14    At the hearing before the primary judge, Mr Mir was invited to explain the basis of his case for the relief claimed. In his Judgment, the primary judge recorded Mr Mir’s response to the invitation in the following terms (Judgment at [13]-[14]):

I invited Mr Mir to make oral submissions today. He explained that he had previously successfully applied online for a student visa and, having successfully completed his initial course, he applied for the visa in issue in order to undertake higher education studies. He applied for the visa online. Mr Mir submits that there are technical problems with the online application process, which I have heard previously in other cases, and that he was not put on notice of any obligation to provide a police check. It came, therefore, as a most unpleasant surprise for him to be told that his failure to provide a police check before his visa application prevented him from obtaining the visa he sought.

Mr Mir referred me to the decision of this Court in Gowda & Ors v Minister for Immigration. That decision appears to rely implicitly on the decision of the High Court in Berenguel v Minister for Immigration (Berenguel) concerning an English language visa requirement which, as the High Court found, could be satisfied up to the time of decision. Mr Mir submits that the same is true here. The short answer to that proposition is that the visa criterion in issue, clause 485.231 [sic] of schedule 2 to the regulations, requires that each applicant have applied for an Australian Federal Police check during the 12 months immediately before the day the application is made.

(footnotes omitted)

15    The primary judge found that the decisions in Gowda & Ors v Minister for Immigration & Anor [2016] FCCA 3491 and Berenguel v Minister for Immigration and Citizenship (2010) 264 ALR 417 did not assist Mr Mir. His Honour reasoned (Judgment at [15]) that as the wording of cl 485.213, at the time when Mr Mir lodged his visa application, reflected “amendments to a range of criteria that followed the High Court’s decision in Berenguel and which were specifically intended to overcome the result in that decision”, it was “no longer open to argue that the criterion could be met at the time of decision as opposed to the time of application”.

16    The primary judge noted that the outcome was “unfortunate” for Mr Mir who, his Honour considered, was an engineer, of good character and who had been “brought undone by a technical visa requirement which he did not understand and of which he was not given notice prior to his application”. The primary judge considered that, in those circumstances, the matter might be suitable for referral to the Minister as Mr Mir’s situation appeared to have “worked an injustice”.

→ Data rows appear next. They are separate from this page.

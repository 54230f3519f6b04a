-- ===== src/Sessions/Assignment/Balanced.antt =====
-- The condition that a new group gets.
use Prim.Native.Nat.{ℕ, ◌≤◌, ◌<◌}
use mathlib.Core.Path.{subst}
use gdm_platform.Common.{
  Text, Text-eq, text, insert_sorted, is_some, List, [], ◌∷◌, Option, none, some, Bool, true, false,
  leb, ◌==◌, ==_iff, find, sort, or_else, All, Among, ◌≡◌, refl, sym, ap, ◌∙◌, ◌⊎◌, arith,
  Bool-cases, Option-cases, inl, inr,
}
use gdm_platform.Shared.Models.{Condition}
use gdm_platform.Store.State.{StoreState}
use gdm_platform.Store.Rounds.{claimed_count}
use gdm_platform.Store.Lookup.{first, get_condition}
use gdm_platform.Store.Lookup.Least.{first-All, first-least, All-sort, All-weaken}
use gdm_platform.Store.Settings.{list_conditions}
use gdm_platform.Sessions.State.{ok, failed, ServiceError}
use gdm_platform.Sessions.Assignment.{
  Recruiting, is_recruiting, recruiting_conditions, choose_condition,
}

found_among :
    {A : Type 0} (p : A → Bool) (xs : List A) (a : A)
    → find p xs ≡ some a
    → Among a xs × (p a ≡ true)
found_among p [] a h = cc
found_among p (x ∷ xs) a h = elim (Bool-cases (p x)) [
  | inl hit ↦ let same : x ≡ a = cc (rw hit at h) in (inl (sym same), ap p (sym same) ∙ hit)
  | inr miss ↦ let (a_in, holds) = found_among p xs a (rw miss at h) in (inr a_in, holds)
]

module _ {N : Type 0} (st : StoreState N) (round_id : ℕ) where
  abbrev claimed_le : Recruiting N → Recruiting N → Bool
  claimed_le a b = leb a.claimed b.claimed

  -- An entry stands for a condition that recruits.
  IsEntry : List (Condition N) → Recruiting N → Type 0
  IsEntry cs r =
      Among r.condition cs
      × (is_recruiting st round_id r.condition ≡ true)
      × (r.claimed ≡ claimed_count st r.condition.id round_id)

  recruiting-IsEntry :
      (cs : List (Condition N)) → All (IsEntry cs) (recruiting_conditions st round_id cs)
  unfolding recruiting_conditions IsEntry
  recruiting-IsEntry [] = tt
  recruiting-IsEntry (c ∷ cs) =
      let deeper =
        All-weaken (recruiting_conditions st round_id cs) (λ a (i, r, k). (inr i, r, k))
          (recruiting-IsEntry cs) in
      elim (Bool-cases (is_recruiting st round_id c)) [
        | inl recruits ↦ rw (recruits, recruiting_conditions) ((inl refl, recruits, refl), deeper)
        | inr closed ↦ rw (closed, recruiting_conditions) deeper
      ]

  -- What holds of the entries holds of the conditions that recruit.
  All_of_recruiting :
      (least : ℕ) (cs : List (Condition N))
      → All
          (λ (r : Recruiting N). leb least r.claimed ≡ true)
          (recruiting_conditions st round_id cs)
      → All
          (λ c. (is_recruiting st round_id c ≡ false) ⊎ (least ≤ claimed_count st c.id round_id))
          cs
  unfolding recruiting_conditions
  All_of_recruiting least [] h = tt
  All_of_recruiting least (c ∷ cs) h = elim (Bool-cases (is_recruiting st round_id c)) [
    | inl recruits ↦
        let k = rw (recruits, recruiting_conditions) at h in
        (inr (ground (arith, k.0)), All_of_recruiting least cs k.1)
    | inr closed ↦
        (inl closed, All_of_recruiting least cs (rw (closed, recruiting_conditions) at h))
  ]

  -- No recruiting condition has fewer sessions.
  abbrev pub HasFewest : Condition N → Type 0
  HasFewest c =
      All
        (λ d.
          (is_recruiting st round_id d ≡ false)
          ⊎ (claimed_count st c.id round_id ≤ claimed_count st d.id round_id))
        st.conditions

  least-HasFewest :
      (r : Recruiting N)
      → first (sort claimed_le (recruiting_conditions st round_id st.conditions)) ≡ some r
      → Among r.condition st.conditions
        × (is_recruiting st round_id r.condition ≡ true)
        × HasFewest r.condition
  unfolding IsEntry
  least-HasFewest r h =
      let entries = recruiting_conditions st round_id st.conditions in
      let (there, recruits, same) =
        first-All (IsEntry st.conditions) (sort claimed_le entries)
          (All-sort claimed_le (IsEntry st.conditions) entries (recruiting-IsEntry st.conditions))
          h in
      let least =
        first-least claimed_le (λ a b p. ground arith) (λ a b c p q. ground arith) entries h in
      (
        there,
        recruits,
        subst
            (λ k.
              All
                (λ d. (is_recruiting st round_id d ≡ false) ⊎ (k ≤ claimed_count st d.id round_id))
                st.conditions)
            same (All_of_recruiting r.claimed st.conditions least),
      )

  -- It is stored, it recruits, and no recruiting condition has fewer sessions.
  IsBalanced : Condition N → Type 0
  IsBalanced c = Among c st.conditions × (is_recruiting st round_id c ≡ true) × HasFewest c

  unasked : (c : Condition N) → choose_condition st round_id none ≡ ok c → IsBalanced c
  unfolding choose_condition list_conditions IsBalanced
  unasked c h =
      elim (Option-cases
        (first (sort claimed_le (recruiting_conditions st round_id st.conditions)))) [
          | inl full ↦ cc (rw (full, choose_condition) at h)
          | inr (r, p) ↦
              let same : r.condition ≡ c = cc (rw (p, choose_condition) at h) in
              subst IsBalanced same (least-HasFewest r p)
        ]

  asked :
      (d : ℕ) (id : List ℕ) (c : Condition N)
      → choose_condition st round_id (some (d ∷ id)) ≡ ok c
      → Among c st.conditions × (is_recruiting st round_id c ≡ true) × (c.id ≡ d ∷ id)
  unfolding choose_condition get_condition
  asked d id c h = elim (Option-cases (get_condition st (d ∷ id))) [
    | inl unknown ↦ cc (rw (unknown, choose_condition, get_condition) at h)
    | inr (found, p) ↦
        let (there, named) =
          found_among (λ (x : Condition N). x.id == (d ∷ id)) st.conditions found p in
        let h' = rw (p, choose_condition, get_condition) at h in
        elim (Bool-cases (is_recruiting st round_id found)) [
          | inl recruits ↦
              let same : found ≡ c = cc (rw recruits at h') in
              subst
                (λ x.
                  Among x st.conditions × (is_recruiting st round_id x ≡ true) × (x.id ≡ d ∷ id))
                same (there, recruits, (==_iff found.id (d ∷ id)).0 named)
          | inr closed ↦ cc (rw closed at h')
        ]
  ]

-- The condition that is assigned is stored, active, and below its goal in this round; it is the one
-- that was asked for, or, if none was, no condition that recruits has fewer sessions in the round.
pub choose_condition-HasFewest :
    {N : Type 0} (st : StoreState N) (round_id : ℕ) (asked_for : Option Text) (c : Condition N)
    → choose_condition st round_id asked_for ≡ ok c
    → Among c st.conditions
      × (c.active ≡ true)
      × (claimed_count st c.id round_id < c.goal)
      × ((asked_for ≡ some c.id) ⊎ ((or_else asked_for [] ≡ []) × HasFewest st round_id c))
unfolding IsBalanced choose_condition
choose_condition-HasFewest st round_id none c h =
    let (there, recruits, fewest) = unasked st round_id c h in
    (there, ground arith, ground arith, inr (refl, fewest))
choose_condition-HasFewest st round_id (some []) c h =
    let (there, recruits, fewest) = unasked st round_id c h in
    (there, ground arith, ground arith, inr (refl, fewest))
choose_condition-HasFewest st round_id (some (d ∷ id)) c h =
    let (there, recruits, named) = asked st round_id d id c h in
    (there, ground arith, ground arith, inl (ap some (sym named)))

-- A list that is sorted to an empty one is empty.
first-insert_sorted :
    {A : Type 0} (le : A → A → Bool) (x : A) (xs : List A)
    → is_some (first (insert_sorted le x xs)) ≡ true
unfolding insert_sorted
first-insert_sorted le x [] = refl
first-insert_sorted le x (y ∷ ys) = elim (Bool-cases (le x y)) [
  | inl before ↦ rw before refl
  | inr behind ↦ rw behind refl
]

first-sort :
    {A : Type 0} (le : A → A → Bool) (P : A → Type 0) (xs : List A)
    → first (sort le xs) ≡ none
    → All P xs
unfolding sort
first-sort le P [] h = tt
first-sort le P (x ∷ xs) h = let there = first-insert_sorted le x (sort le xs) in cc (rw h at there)

none_recruits :
    {N : Type 0} (st : StoreState N) (round_id : ℕ) (cs : List (Condition N))
    → All (λ r. false ≡ true) (recruiting_conditions st round_id cs)
    → All (λ c. is_recruiting st round_id c ≡ false) cs
unfolding recruiting_conditions
none_recruits st round_id [] h = tt
none_recruits st round_id (c ∷ cs) h = elim (Bool-cases (is_recruiting st round_id c)) [
  | inl recruits ↦ let k = rw (recruits, recruiting_conditions) at h in cc k.0
  | inr closed ↦ (closed, none_recruits st round_id cs (rw (closed, recruiting_conditions) at h))
]

-- Without a wish a condition that recruits is assigned, or the study is reported as full, and then
-- no stored condition recruits in the round.
pub choose_condition-IsFull :
    {N : Type 0} (st : StoreState N) (round_id : ℕ)
    → ((c : Condition N) × (choose_condition st round_id none ≡ ok c)
        × Among c st.conditions
        × (is_recruiting st round_id c ≡ true))
      ⊎ ((choose_condition st round_id none
            ≡ failed (
                ServiceError.conflict
                  (text "Study is full — no active condition needs participants")))
          × All (λ c. is_recruiting st round_id c ≡ false) st.conditions)
unfolding choose_condition list_conditions
choose_condition-IsFull st round_id =
    elim (Option-cases
      (first (sort (claimed_le st round_id) (recruiting_conditions st round_id st.conditions)))) [
        | inl full ↦ inr (
          rw (full, choose_condition) refl,
          none_recruits st round_id st.conditions (
              first-sort (claimed_le st round_id) (λ r. false ≡ true)
                (recruiting_conditions st round_id st.conditions) full),
        )
        | inr (r, p) ↦
            let (there, recruits, fewest) = least-HasFewest st round_id r p in
            inl (r.condition, rw (p, choose_condition) refl, there, recruits)
      ]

17    The primary judge found (Judgment at [18]) that Mr Mir’s sole ground of review was misconceived as the only issue on the review was whether he had applied for an Australian Federal Police check in the 12 months immediately before he lodged his visa application. As such, his Honour concluded that there were no claims for the Tribunal to consider. The primary judge considered that the Australian Federal Police check ultimately provided to the Tribunal dated 30 September 2016 did not assist Mr Mir as he was required to have applied for the check before his visa application was lodged.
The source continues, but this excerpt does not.